Comment 9 Scott McCaskill 2013-09-19 14:56:27 UTC

With these changes I'm no longer hitting the limit in the app I use as a stress test.  Thanks!

Comment 10 Josh Stone 2013-09-23 18:46:27 UTC

Can you explain what it is about Android that limits *virtual* address space?  I understand the general constraints of 32-bit addressing, but I don't know why Android would be worse.
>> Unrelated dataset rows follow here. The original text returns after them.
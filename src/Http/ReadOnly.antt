-- ===== src/Http/ReadOnly.antt =====
-- What the remote calls of src/HttpServer.ts may broadcast.
use rif_relay_server.Base.{ℕ, ◌+◌, ◌≡◌, refl, ap, ◌∙◌, Option, none, some, List, [], ◌∷◌, Text}
use rif_relay_server.Outcome.{Error, Outcome, ok, err, Action, bind-inv, pure}
use rif_relay_server.TxManager.{poll_nonce}
use rif_relay_server.TxManager.Silence.{IsSilent, silent_rules, call-IsSilent}
use rif_relay_server.Events.{
  LogNode, Filter, BlockTag, latest, number, PastEventOptions, EventName, default_manager_events,
  to_block_number, get_log_filters, request_logs, get_past_events_for_hub,
}
use rif_relay_server.Server.{Server, on_chain, get_all_hub_events_since_last_scan}
use rif_relay_server.Server.Replenish.{get_manager_balance, get_worker_balance}
use rif_relay_server.Server.Requests.{validate_max_nonce}
use rif_relay_server.Server.Relay.{RelayContext}
use rif_relay_server.Server.Relay.Steps.{
  heard, on_chain-heard, poll_nonce-heard, validate_max_nonce-heard,
}
use rif_relay_server.Http.{
  Param, text, other, RootHandlerRequestBody, WhitelistedRelayMethod, get_min_gas_price_method,
  is_custom_replenish_method, get_manager_balance_method, get_worker_balance_method,
  get_all_hub_events_method, is_trusted_verifier_method, is_ready_method, validate_max_nonce_method,
  RpcValue, Reply, rpc_success, available_methods, find_method, call_of_body, reply_or, as_value,
  trusted_value, max_nonce_value, first_number, run_method, run_with, process_root_handler,
  root_reply, root_handler,
}

module _ {Store : Type 0} (node : LogNode) where
  to_block_number-IsSilent :
      (tag : Option BlockTag) → IsSilent {Store = Store} (to_block_number node tag)
  to_block_number-IsSilent none = search silent_rules
  to_block_number-IsSilent (some latest) = search silent_rules
  to_block_number-IsSilent (some (number n)) = search silent_rules

  request_logs-IsSilent :
      (filters : List Filter) → IsSilent {Store = Store} (request_logs node filters)
  request_logs-IsSilent filters = record { silent = λ w. refl }

  get_past_events-IsSilent :
      (manager_address : Text) (options : PastEventOptions) (names : List EventName)
      → IsSilent {Store = Store} (get_past_events_for_hub node manager_address options names)
  unfolding get_past_events_for_hub get_log_filters
  get_past_events-IsSilent manager_address options names =
      search (silent_rules, to_block_number-IsSilent, request_logs-IsSilent)

module _ {Store D : Type 0} (c : RelayContext Store D) where
  as_value-heard :
      {A : Type 0} (wrap : A → RpcValue) (m : Action (Server Store) A) (s : Server Store)
      → heard (m s).1 ≡ heard s
      → heard (as_value c wrap m s).1 ≡ heard s
  as_value-heard wrap m s first =
      bind-inv (λ t. heard t ≡ heard s) m (λ a. pure (wrap a)) s first (λ a t _ same. same)

  trusted_value-heard :
      (ps : List Param) (s : Server Store) → heard (trusted_value c ps s).1 ≡ heard s
  trusted_value-heard [] s = refl
  trusted_value-heard (other value ∷ ps) s = refl
  trusted_value-heard (text t value ∷ ps) s = refl

  max_nonce-heard : (n : Option ℕ) (s : Server Store) → heard (max_nonce_value c n s).1 ≡ heard s
  max_nonce-heard none s =
      as_value-heard _ (on_chain (poll_nonce c.server.base.env c.server.base.worker_address)) s
        (poll_nonce-heard c.server s)
  max_nonce-heard (some n) s =
      as_value-heard _ (validate_max_nonce c.server n) s (validate_max_nonce-heard c.server n s)

  run_method-heard :
      (m : WhitelistedRelayMethod) (ps : List Param) (s : Server Store)
      → heard (run_method c m ps s).1 ≡ heard s
  unfolding run_method get_manager_balance get_worker_balance get_all_hub_events_since_last_scan
  run_method-heard get_min_gas_price_method ps s = refl
  run_method-heard is_custom_replenish_method ps s = refl
  run_method-heard get_manager_balance_method ps s =
      as_value-heard _ (get_manager_balance c.server) s (
        on_chain-heard _ s
          (call-IsSilent (λ n. c.server.balance_pending n c.server.base.manager_address)))
  run_method-heard get_worker_balance_method ps s =
      as_value-heard _ (get_worker_balance c.server) s (
        on_chain-heard _ s
          (call-IsSilent (λ n. c.server.balance_pending n c.server.base.worker_address)))
  run_method-heard get_all_hub_events_method ps s =
      as_value-heard _ (get_all_hub_events_since_last_scan c.server) s (
        (get_past_events-IsSilent c.server.base.log_node c.server.base.manager_address
            (record { from_block = some (s.last_scanned_block + 1); to_block = some latest })
            default_manager_events).silent
          s.registration.world)
  run_method-heard is_trusted_verifier_method ps s = trusted_value-heard ps s
  run_method-heard is_ready_method ps s = refl
  run_method-heard validate_max_nonce_method ps s = max_nonce-heard (first_number ps) s

  run_with-heard :
      (o : Option WhitelistedRelayMethod) (p : Option (List Param)) (s : Server Store)
      → heard (run_with c o p s).1 ≡ heard s
  run_with-heard none p s = refl
  run_with-heard (some m) none s = refl
  run_with-heard (some m) (some ps) s = run_method-heard m ps s

  reply_or-state :
      {S A : Type 0} (good : A → Reply D) (bad : Error → Reply D) (r : Outcome A × S)
      → (reply_or good bad r).1 ≡ r.1
  reply_or-state good bad (ok a, s) = refl
  reply_or-state good bad (err e, s) = refl

  root_reply-heard :
      (o : Option (ℕ × Text)) (p : Option (List Param)) (s : Server Store)
      → heard (root_reply c o p s).1 ≡ heard s
  unfolding process_root_handler
  root_reply-heard none p s = refl
  root_reply-heard (some (id, name)) p s =
      ap heard (
        reply_or-state (rpc_success id) (Reply.rpc_error (some id))
          (process_root_handler c name p s))
      ∙ run_with-heard (find_method name available_methods) p s

  -- No remote call to the root of the HTTP server, whatever its body, makes the server broadcast a
  -- transaction.
  pub root_handler-heard :
      (body : RootHandlerRequestBody) (s : Server Store) → heard (root_handler c body s).1 ≡ heard s
  unfolding root_handler
  root_handler-heard body s = root_reply-heard (call_of_body body.id body.method) body.params s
It seems to me you could make these limits pretty high on 32-bit, and make it absurdly high on 64-bit.  So long as you only touch memory up to the _used parts, this should only occupy mapped space, but not any more dirty pages in resident memory than needed.

Comment 11 Julian Seward 2013-09-29 10:35:23 UTC

(In reply to comment #10)
> Can you explain what it is about Android that limits *virtual* address
> space?  I understand the general constraints of 32-bit addressing, but I
> don't know why Android would be worse.

Android devices on the whole don't have kernels with swap enabled,
so using a lot of memory tends to get the processes nuked by the kernel
without notice.

Comment 12 Josh Stone 2013-09-30 18:34:37 UTC

(In reply to comment #11)
> Android devices on the whole don't have kernels with swap enabled,
> so using a lot of memory tends to get the processes nuked by the kernel
> without notice.

Even if it's not resident memory?  That's unfortunate...

FWIW, I just confirmed for myself that bumping those limits even another 10x only affects the virtual size -- the resident size stayed the same for a given workload.